You don't need to constrain r=1 manually — BNB can learn it. But if you know your data is geometric, you could use PG instead (since the Geometric is also a special case of Poisson processes in the limit).

Choosing a loss function

NIG regression: nigloss vs nigloss_scaled vs nigloss_ureg

All three share the same Student-T NLL base; they differ in their regularizer:

LossRegularizerStart with λWhen to use
nigloss|y-γ| · evidence0.01-0.1Baseline, simple problems
nigloss_scaled(|y-γ|/σ_St)^p · evidence0.01-0.1Recommended default. Prevents the model from inflating variance to cheat the regularizer
nigloss_ureg|y-γ| · evidence + uncertainty_lossλ=0.1, λ₁=0.1When you observe loss plateaus with high uncertainty predictions (gradient vanishing)

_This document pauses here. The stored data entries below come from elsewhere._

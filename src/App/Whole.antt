-- ===== src/App/Whole.antt =====
-- What the whole process keeps: its set-up, its loop and its end.
use sigchat.Base.{refl, ok, Bool, true, false, ℕ, ◌==◌, if_cases, raise}
use sigchat.Account.Fields.{panicked}
use sigchat.App.{
  Process, App, Next, again, leave, Answer, scalar2, other_answer, refused, on_state, call, expect,
  adjust, enlarged, enlarge, auto_connect, set_up, clean_up,
}
use sigchat.App.Calls.{recorded}
use sigchat.App.Does.{View, view, After, Does, Does-bind, Does-pure, Does-keeps}

module _ (o : Process) (P failed : View → Type 0) (weak : (v : View) → P v → failed v) where
  After-expect :
      (b : Bool) (w : App (recorded o))
      → P (view o w)
      → After failed (λ _. P) (expect (recorded o) b w).0 (view o (expect (recorded o) b w).1)
  After-expect true w h = h
  After-expect false w h = weak _ h

  Does-init_log : Does o P failed (call (recorded o) (recorded o).init_log) (λ _. P)
  Does-init_log = record { did = λ w h. After-expect _ _ h }

  Does-register : Does o P failed (call (recorded o) (recorded o).register) (λ _. P)
  Does-register = record { did = λ w h. After-expect _ _ h }

  Does-menu_add : Does o P failed (call (recorded o) (recorded o).menu_add) (λ _. P)
  Does-menu_add = record { did = λ w h. After-expect _ _ h }

  Does-adjust : (n : ℕ) → Does o P failed (adjust (recorded o) n) (λ _. P)
  Does-adjust n = record { did = λ w h. h }

  Does-panic : {A : Type 0} → Does o P failed (raise {A = A} panicked) (λ _. P)
  Does-panic = record { did = λ w h. weak _ h }

  Does-enlarged : (a : Answer) → Does o P failed (enlarged (recorded o) a) (λ _. P)
  Does-enlarged refused = Does-panic
  Does-enlarged other_answer = Does-pure o tt (λ v h. h)
  Does-enlarged (scalar2 n m) = Does-pure o tt (λ v h. h)

  Does-enlarge : (a : Answer) → Does o P failed (enlarge (recorded o) a) (λ _. P)
  Does-enlarge (scalar2 n m) =
      if_cases (λ r. Does o P failed r (λ _. P)) (n == 1)
        (λ e. Does-bind o (adjust (recorded o) m) _ (Does-adjust m) Does-enlarged) (λ e. Does-panic)
  Does-enlarge other_answer = Does-panic
  Does-enlarge refused = Does-panic

  pub Does-set_up :
      (Q : View → Type 0)
      → ((b : Bool) → Does o P failed (auto_connect (recorded o) b) (λ _. Q))
      → Does o P failed (set_up (recorded o)) (λ _. Q)
  unfolding set_up
  Does-set_up Q auto = Does-bind o (call (recorded o) (recorded o).init_log) _ Does-init_log λ _.
      Does-bind o (adjust (recorded o) 0) _ (Does-adjust 0) λ a.
        Does-bind o (enlarge (recorded o) a) _ (Does-enlarge a) λ _.
          Does-bind o (call (recorded o) (recorded o).register) _ Does-register λ _.
            Does-bind o (call (recorded o) (recorded o).menu_add) _ Does-menu_add λ _.
              Does-bind o (on_state (recorded o) (recorded o).new) _
                (Does-keeps o _ (λ w. refl) weak)
                λ _.
                  Does-bind o (λ w. (ok (o.is_ready w.state.0), w)) _ (record { did = λ w h. h })
                    auto

  pub Does-clean_up : (n : Next) → Does o P failed (clean_up (recorded o) n) (λ _. P)
  Does-clean_up again = Does-pure o again (λ v h. h)
  Does-clean_up leave =
      Does-bind o (call (recorded o) (recorded o).unregister_server) _
        (record { did = λ w h. After-expect _ _ h })
        λ _.
          Does-bind o (call (recorded o) (recorded o).destroy_server) _
            (record { did = λ w h. After-expect _ _ h }) λ _. Does-pure o leave (λ v h. h)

Start with nigloss_scaled at λ=0.01. If the model produces reasonable predictions but uncertainty is poorly calibrated, try increasing λ. If uncertainty is always high and the model seems stuck, try nigloss_ureg.

DIR classification: dirloss vs dirloss_cor vs fdirloss

LossRegularizerWhen to use
dirloss(y, α, t)Annealed KL divergenceStandard choice. The epoch counter t anneals the KL weight as min(1, t/10) — no tuning needed
dirloss_cor(y, α, t)Annealed KL + correct evidence termWhen training is slow or accuracy plateaus early — the correction helps samples stuck in low-evidence regions
fdirloss(y, α, p, τ)Brier score on allocation pWhen switching to the FDIR layer. No λ or epoch counter needed — the Brier regularizer is hyperparameter-free
dirmultloss(y, α)None (type II ML)When targets are count vectors instead of one-hot. Also usable with one-hot targets as a hyperparameter-free alternative to dirloss

Start with dirloss — it works well out of the box. The KL annealing (min(1, t/10)) ramps up over the first 10 epochs automatically.

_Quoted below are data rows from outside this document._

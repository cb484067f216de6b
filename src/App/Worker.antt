-- ===== src/App/Worker.antt =====
-- The connections and the receive worker of src/main.rs.
use sigchat.Base.{
  ◌≡◌, ◌⊎◌, inl, inr, refl, ap, sym, subst, ◌∙◌, Bool, true, false, List, [], ◌∷◌, ◌++◌, append-nil,
  Option, none, some, Result, ok, err, All, ◌>>=◌, ◌>>◌,
}
use sigchat.Text.{Bytes}
use sigchat.Account.Fields.{Failure, failed, panicked}
use sigchat.App.{
  Process, Run, Message, on_state, logged, log_error, focused, receive, started, auto_connect,
  focus_connected, first_connect, focus, main_loop, clean_up, set_up, wrapped_main,
}
use sigchat.App.Calls.{
  Call, connected, received, recorded, select, select-snoc, connection_of, worker_of, succeeded,
}
use sigchat.App.Turns.{Does-main_loop}
use sigchat.App.Whole.{Does-set_up, Does-clean_up}
use sigchat.App.Does.{View, view, After, Does, Does-bind, Does-pure, Does-keeps}

abbrev pub AllFailed : List Bool → Type 0
AllFailed cs = All (λ b. b ≡ false) cs

-- Connections that all failed, and no receive worker.
abbrev pub Trying : List Bool → List (Unit {0}) → Type 0
Trying cs ws = AllFailed cs × (ws ≡ [])

-- Connections of which exactly the last succeeded.
abbrev pub Reached : List Bool → Type 0
Reached cs = (fs : List Bool) × AllFailed fs × (cs ≡ fs ++ true ∷ [])

-- At most one receive worker, and none before a connection; none is made behind the one that succeeds.
abbrev pub AtMostOnce : List Bool → List (Unit {0}) → Type 0
AtMostOnce cs ws = Trying cs ws ⊎ (Reached cs × ((ws ≡ []) ⊎ (ws ≡ tt ∷ [])))

snoc-AllFailed : (cs : List Bool) → AllFailed cs → AllFailed (cs ++ false ∷ [])
snoc-AllFailed [] h = (refl, tt)
snoc-AllFailed (c ∷ cs) (hc, hs) = (hc, snoc-AllFailed cs hs)

abbrev pub connections : View → List Bool
connections v = select connection_of v.calls

abbrev pub workers : View → List (Unit {0})
workers v = select worker_of v.calls

abbrev IsTrying : View → Type 0
IsTrying v = Trying (connections v) (workers v)

-- A connection that has just succeeded.
abbrev IsLinked : View → Type 0
IsLinked v = Reached (connections v) × (workers v ≡ [])

abbrev IsEntered : View → Type 0
IsEntered v = IsLinked v × (v.first_focus ≡ false)

abbrev pub IsOnce : View → Type 0
IsOnce v = AtMostOnce (connections v) (workers v)

-- Between two steps: the first focus stands out only while every connection failed.
abbrev Inv : View → Type 0
Inv v = IsOnce v × ((v.first_focus ≡ true) → IsTrying v)

trying-Inv : (v : View) → IsTrying v → Inv v
trying-Inv v h = (inl h, λ _. h)

entered-Inv : (v : View) → IsEntered v → Inv v
entered-Inv v ((r, ws), f) = (inr (r, inl ws), λ e. cc)

connected-Trying :
    (l : List Call)
    → Trying (select connection_of l) (select worker_of l)
    → Trying
        (select connection_of (l ++ connected false ∷ []))
        (select worker_of (l ++ connected false ∷ []))
connected-Trying l (hc, hw) = (
  subst AllFailed (sym (select-snoc connection_of l (connected false))) (snoc-AllFailed _ hc),
  select-snoc worker_of l (connected false) ∙ (append-nil _ ∙ hw),
)

connected-Reached :
    (l : List Call)
    → Trying (select connection_of l) (select worker_of l)
    → Reached (select connection_of (l ++ connected true ∷ []))
      × (select worker_of (l ++ connected true ∷ []) ≡ [])
connected-Reached l (hc, hw) = (
  (select connection_of l, hc, select-snoc connection_of l (connected true)),
  select-snoc worker_of l (connected true) ∙ (append-nil _ ∙ hw),
)

-- The receive worker that is started behind a connection.
received-Inv : (v : View) → IsEntered v → Inv (record v { calls = v.calls ++ received ∷ [] })
received-Inv v ((reached, none_yet), f) = (
  inr (
    subst Reached (sym (select-snoc connection_of v.calls received ∙ append-nil _)) reached,
    inr (select-snoc worker_of v.calls received ∙ ap (λ ws. ws ++ tt ∷ []) none_yet),
  ),
  λ e. cc,
)

abbrev Connected : Option Bool → View → Type 0
Connected (some true) v = IsLinked v
Connected (some false) v = IsTrying v
Connected none v = IsTrying v

module _ (o : Process) where
  logged-Connected :
      (r : Result Failure Bool) (v : View)
      → IsTrying v
      → After Inv Connected
          (logged (recorded o) r)
          (record v { calls = v.calls ++ connected (succeeded r) ∷ [] })
  logged-Connected (ok true) v h = connected-Reached v.calls h
  logged-Connected (ok false) v h = connected-Trying v.calls h
  logged-Connected (err (failed e)) v h = connected-Trying v.calls h
  logged-Connected (err panicked) v h =
      trying-Inv (record v { calls = v.calls ++ connected false ∷ [] }) (connected-Trying v.calls h)

  abbrev connect_step : Run (recorded o) (Option Bool)
  connect_step = log_error (recorded o) ((recorded o).connect)

  Does-connect : Does o IsTrying Inv connect_step Connected
  Does-connect = record { did = λ w h. logged-Connected (o.connect w.state.0).0 (view o w) h }

  logged-Inv :
      (r : Result Failure Bool) (v : View) → Inv v → After Inv (λ _. Inv) (logged (recorded o) r) v
  logged-Inv (ok b) v h = h
  logged-Inv (err (failed e)) v h = h
  logged-Inv (err panicked) v h = h

  Does-receive : Does o IsEntered Inv (receive (recorded o)) (λ _. Inv)
  unfolding receive
  Does-receive =
      Does-bind o (on_state (recorded o) (recorded o).dialogue_set) _
        (Does-keeps o _ (λ w. refl) entered-Inv)
        λ _.
          Does-bind o (log_error (recorded o) (recorded o).start_receive) _
            (record {
              did = λ w h. logged-Inv (o.start_receive w.state.0).0 _ (received-Inv (view o w) h);
            })
            λ _. Does-pure o tt (λ v h. h)

  Does-focused : Does o IsLinked Inv (focused (recorded o)) (λ _. IsEntered)
  Does-focused = record { did = λ w h. (h, refl) }

  Does-focus_connected :
      (b : Option Bool) → Does o (Connected b) Inv (focus_connected (recorded o) b) (λ _. Inv)
  Does-focus_connected (some true) =
      Does-bind o (focused (recorded o)) _ Does-focused (λ _. Does-receive)
  Does-focus_connected (some false) = Does-pure o tt trying-Inv
  Does-focus_connected none = Does-pure o tt trying-Inv

  -- With the value of `first_focus` that was read.
  Does-first_connect :
      (b : Bool)
      → Does o (λ v. Inv v × (v.first_focus ≡ b)) Inv (first_connect (recorded o) b) (λ _. Inv)
  unfolding first_connect
  Does-first_connect true =
      Does-bind o connect_step _ (record { did = λ w h. Does-connect.did w (h.0.1 h.1) })
        Does-focus_connected
  Does-first_connect false = Does-pure o tt (λ v h. h.0)

  Does-focus : Does o Inv Inv (focus (recorded o)) (λ _. Inv)
  unfolding focus
  Does-focus =
      Does-bind o {middle = λ b v. Inv v × (v.first_focus ≡ b)} (λ w. (ok w.first_focus, w)) _
        (record { did = λ w h. (h, refl) })
        λ b.
          Does-bind o (first_connect (recorded o) b) _ (Does-first_connect b)
            λ _. Does-keeps o _ (λ w. refl) (λ v h. h)

  keeps_posted :
      (v : View) (t : Bytes) → Inv v → Inv (record v { calls = v.calls ++ Call.posted t ∷ [] })
  keeps_posted v t h =
      let same : connections (record v { calls = v.calls ++ Call.posted t ∷ [] }) ≡ connections v =
        select-snoc connection_of v.calls (Call.posted t) ∙ append-nil _ in
      let unmoved : workers (record v { calls = v.calls ++ Call.posted t ∷ [] }) ≡ workers v =
        select-snoc worker_of v.calls (Call.posted t) ∙ append-nil _ in
      rw (same, unmoved) h

  abbrev StartConnected : Option Bool → View → Type 0
  StartConnected b v = Connected b v × (v.first_focus ≡ false)

  with_focus :
      (r : Result Failure (Option Bool)) (v : View)
      → v.first_focus ≡ false
      → After Inv Connected r v
      → After Inv StartConnected r v
  with_focus (ok b) v f h = (h, f)
  with_focus (err e) v f h = h

  Does-started :
      (b : Option Bool) → Does o (StartConnected b) Inv (started (recorded o) b) (λ _. Inv)
  Does-started (some true) = Does-receive
  Does-started (some false) = Does-pure o tt (λ v h. trying-Inv v h.0)
  Does-started none = Does-pure o tt (λ v h. trying-Inv v h.0)

  Does-auto_connect : (b : Bool) → Does o IsTrying Inv (auto_connect (recorded o) b) (λ _. Inv)
  unfolding auto_connect
  Does-auto_connect true =
      Does-bind o {middle = λ _ v. IsTrying v × (v.first_focus ≡ false)} (focused (recorded o)) _
        (record { did = λ w h. (h, refl) })
        λ _.
          Does-bind o {middle = StartConnected} connect_step _
            (record { did = λ w h. with_focus _ _ h.1 (Does-connect.did w h.0) }) Does-started
  Does-auto_connect false = Does-pure o tt trying-Inv

  Does-wrapped_main :
      (msgs : List (Option Message))
      → Does o IsTrying Inv
          (set_up (recorded o) >> main_loop (recorded o) msgs >>= clean_up (recorded o))
          (λ _. Inv)
  Does-wrapped_main msgs =
      Does-bind o (set_up (recorded o) >> main_loop (recorded o) msgs) _
        (Does-bind o (set_up (recorded o)) _
          (Does-set_up o IsTrying Inv trying-Inv Inv Does-auto_connect)
          λ _. Does-main_loop o Inv Inv (λ v h. h) Does-focus (λ v t h. h) keeps_posted msgs)
        (Does-clean_up o Inv Inv (λ v h. h))

  Inv-ended : {A : Type 0} (r : Result Failure A) (v : View) → After Inv (λ _. Inv) r v → Inv v
  Inv-ended (ok a) v h = h
  Inv-ended (err e) v h = h

  -- In a whole run of the process, however it goes and ends: at most the last connection succeeds, and
  -- at most one receive worker is started, behind a connection that succeeded.
  pub wrapped_main-AtMostOnce :
      (msgs : List (Option Message)) (s : o.State)
      → IsOnce (view o (wrapped_main (recorded o) msgs (s, [])).1)
  unfolding wrapped_main
  wrapped_main-AtMostOnce msgs s =
      (Inv-ended (wrapped_main (recorded o) msgs (s, [])).0 _ (
        (Does-wrapped_main msgs).did
          (record { first_focus = true; user_post = none; state = (s, []) }) (tt, refl))).0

Count/positive regression: pgloss, egloss, bnbloss, bbloss

These all follow the same pattern: NLL + λ · |error| · evidence.

LossEvidence termStart with λ
pglossα (Gamma shape)0.01-0.1
eglossα (Gamma shape)0.01-0.1
bnblossα+β (Beta concentration)0.01-0.1
bblossα+β (Beta concentration)0.01-0.1
ziplossαπ+βπ+α_λ (Beta + Gamma evidence)0.01-0.1
vmlossκ₀ (prior concentration)0.01-0.1

Set λ=0 to train with pure marginal NLL (no regularizer). This is a valid starting point — the marginal likelihood already balances fit and complexity. Add regularization (λ=0.01) if the model produces overconfident predictions.

Hyperparameter tips

Regularization weight λ

The regularization weight λ controls how strongly the model is penalized for being confident about wrong predictions.

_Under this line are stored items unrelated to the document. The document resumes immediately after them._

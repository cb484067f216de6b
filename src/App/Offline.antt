-- ===== src/App/Offline.antt =====
-- A process that starts with a registered account and cannot connect.
use sigchat.Base.{
  ◌≡◌, ◌≢◌, refl, ap, ◌∙◌, Bool, true, false, List, [], ◌∷◌, ◌++◌, append-nil, Option, none, some,
  Result, ok, err, ◌>>◌,
}
use sigchat.Text.{Bytes}
use sigchat.Account.Fields.{Failure, failed, panicked}
use sigchat.App.{Process, Message, logged, started, auto_connect, first_connect, focus, main_loop}
use sigchat.App.Calls.{Call, recorded, select-snoc, connection_of, worker_of, succeeded}
use sigchat.App.Does.{
  Recorded, View, view, After, Does, Does-bind, Does-pure, Does-keeps, After-continue,
}
use sigchat.App.Turns.{Does-main_loop}
use sigchat.App.Worker.{connections, workers}

-- Behind the first focus, with these connections and workers.
abbrev Stays : List Bool → List (Unit {0}) → View → Type 0
Stays cs ws v = (v.first_focus ≡ false) × (connections v ≡ cs) × (workers v ≡ ws)

not_both : {b : Bool} → b ≡ true → b ≡ false → ⊥
not_both p q = cc

module _ (o : Process) (cs : List Bool) (ws : List (Unit {0})) where
  Does-not_first :
      (b : Bool)
      → Does o
          (λ v. Stays cs ws v × (v.first_focus ≡ b))
          (Stays cs ws)
          (first_connect (recorded o) b)
          (λ _. Stays cs ws)
  unfolding first_connect
  Does-not_first true = record { did = λ w h. elim (not_both h.1 h.0.0) [ ] }
  Does-not_first false = Does-pure o tt (λ v h. h.0)

  Does-later_focus : Does o (Stays cs ws) (Stays cs ws) (focus (recorded o)) (λ _. Stays cs ws)
  unfolding focus
  Does-later_focus =
      Does-bind o {middle = λ b v. Stays cs ws v × (v.first_focus ≡ b)} (λ w. (ok w.first_focus, w))
        _ (record { did = λ w h. (h, refl) })
        λ b.
          Does-bind o (first_connect (recorded o) b) _ (Does-not_first b)
            λ _. Does-keeps o _ (λ w. refl) (λ v h. h)

  posted-Stays :
      (v : View) (t : Bytes)
      → Stays cs ws v
      → Stays cs ws (record v { calls = v.calls ++ Call.posted t ∷ [] })
  posted-Stays v t (f, c, k) = (
    f,
    select-snoc connection_of v.calls (Call.posted t) ∙ (append-nil _ ∙ c),
    select-snoc worker_of v.calls (Call.posted t) ∙ (append-nil _ ∙ k),
  )

  Does-later_loop :
      (msgs : List (Option Message))
      → Does o (Stays cs ws) (Stays cs ws) (main_loop (recorded o) msgs) (λ _. Stays cs ws)
  Does-later_loop msgs =
      Does-main_loop o (Stays cs ws) (Stays cs ws) (λ v h. h) Does-later_focus (λ v t h. h)
        posted-Stays msgs

  Does-not_started :
      (b : Option Bool)
      → b ≢ some true
      → Does o (Stays cs ws) (Stays cs ws) (started (recorded o) b) (λ _. Stays cs ws)
  Does-not_started (some true) h = absurd (h refl)
  Does-not_started (some false) h = Does-pure o tt (λ v h. h)
  Does-not_started none h = Does-pure o tt (λ v h. h)

module _ (o : Process) where
  abbrev Offline : View → Option Bool → View → Type 0
  Offline v b v' = (b ≢ some true) × Stays (connections v ++ false ∷ []) (workers v) v'

  logged-Offline :
      (r : Result Failure Bool) (v v' : View)
      → succeeded r ≡ false
      → Stays (connections v ++ false ∷ []) (workers v) v'
      → After
          (Stays (connections v ++ false ∷ []) (workers v))
          (Offline v)
          (logged (recorded o) r)
          v'
  logged-Offline (ok true) v v' e h = absurd (cc)
  logged-Offline (ok false) v v' e h = ((λ q. cc), h)
  logged-Offline (err (failed k)) v v' e h = ((λ q. cc), h)
  logged-Offline (err panicked) v v' e h = h

  Stays-ended :
      {A : Type 0} (cs : List Bool) (ws : List (Unit {0})) (r : Result Failure A) (v : View)
      → After (Stays cs ws) (λ _. Stays cs ws) r v
      → Stays cs ws v
  Stays-ended cs ws (ok a) v h = h
  Stays-ended cs ws (err e) v h = h

  -- With an account that is registered, a connection that fails at the start is the only one of the
  -- process: whatever messages follow, the focus included, nothing connects any more, and no receive
  -- worker is started.
  pub auto_connect-offline :
      (msgs : List (Option Message)) (w : Recorded o)
      → succeeded (o.connect w.state.0).0 ≡ false
      → (let w' = ((auto_connect (recorded o) true >> main_loop (recorded o) msgs) w).1 in
          (connections (view o w') ≡ connections (view o w) ++ false ∷ [])
          × (workers (view o w') ≡ workers (view o w)))
  unfolding auto_connect
  auto_connect-offline msgs w e =
      let (r, s) = o.connect w.state.0 in
      let cs = connections (view o w) ++ false ∷ [] in
      let ws = workers (view o w) in
      let stays : After (Stays cs ws) (λ _. Stays cs ws) (auto_connect (recorded o) true w).0
          (view o (auto_connect (recorded o) true w).1) =
        After-continue o {middle = Offline (view o w)} {done = λ _. Stays cs ws}
          (logged (recorded o) r) (started (recorded o)) _
          (logged-Offline r (view o w) _ e (
            refl,
            select-snoc connection_of w.state.1 _ ∙ ap (λ b. connections (view o w) ++ b ∷ []) e,
            select-snoc worker_of w.state.1 _ ∙ append-nil _,
          ))
          (λ b. record { did = λ v h. (Does-not_started o cs ws b h.0).did v h.1 }) in
      let rest : Stays cs ws
          (view o ((auto_connect (recorded o) true >> main_loop (recorded o) msgs) w).1) =
        Stays-ended cs ws _ _ (
          After-continue o {middle = λ _. Stays cs ws} {done = λ _. Stays cs ws} _
            (λ _. main_loop (recorded o) msgs) _ stays (λ _. Does-later_loop o cs ws msgs)) in
      (rest.1, rest.2)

  • Too low (λ → 0): model fits the data well but may be overconfident, especially on out-of-distribution inputs
  • Too high (λ → ∞): model becomes underconfident everywhere, predicting high uncertainty even where data is plentiful
  • Sweet spot: typically 0.001-0.1. Start with 0.01 and adjust based on calibration plots

Practical workflow:

  1. Start with λ=0 (pure NLL) to verify the model can fit your data
  2. Add λ=0.01 and check if uncertainty grows in data-sparse regions
  3. If uncertainty is too uniform, increase to λ=0.1
  4. If predictions degrade, reduce λ

Learning rate

Evidential layers are sensitive to learning rate. If uncertainty collapses to near-zero early in training, try reducing the learning rate. A good starting point is 1e-3 with AdamW.

KL annealing (DIR / dirloss)

The dirloss epoch counter t anneals the KL weight as min(1.0, t/10). This means the KL regularizer is off at epoch 1, reaches half strength at epoch 5, and full strength at epoch 10+. This prevents the regularizer from dominating early training before the model has learned useful representations.

If your model converges quickly (< 50 epochs), the annealing happens fast enough. For very long training runs (thousands of epochs), the annealing is effectively instant and has no impact.